Problem to work on:
Pull out every line in the data that has the string "internal" in it.

(Extracted data Opens)

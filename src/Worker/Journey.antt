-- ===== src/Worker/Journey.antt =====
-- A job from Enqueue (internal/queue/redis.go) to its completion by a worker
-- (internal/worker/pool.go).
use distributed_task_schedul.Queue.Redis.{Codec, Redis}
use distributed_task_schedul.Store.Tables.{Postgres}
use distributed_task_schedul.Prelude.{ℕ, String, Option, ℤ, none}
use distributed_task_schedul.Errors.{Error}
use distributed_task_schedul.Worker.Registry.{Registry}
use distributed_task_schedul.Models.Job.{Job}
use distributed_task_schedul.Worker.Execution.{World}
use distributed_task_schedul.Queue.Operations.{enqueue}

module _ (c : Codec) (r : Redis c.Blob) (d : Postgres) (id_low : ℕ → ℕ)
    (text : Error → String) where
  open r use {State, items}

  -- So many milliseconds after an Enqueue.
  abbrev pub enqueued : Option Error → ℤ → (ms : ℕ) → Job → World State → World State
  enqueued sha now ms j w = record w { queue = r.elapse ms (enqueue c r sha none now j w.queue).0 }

(Extracted data Closes)

Exercise solution:
-- A job from Enqueue (internal/queue/redis.go) to its completion by a worker
-- (internal/worker/pool.go).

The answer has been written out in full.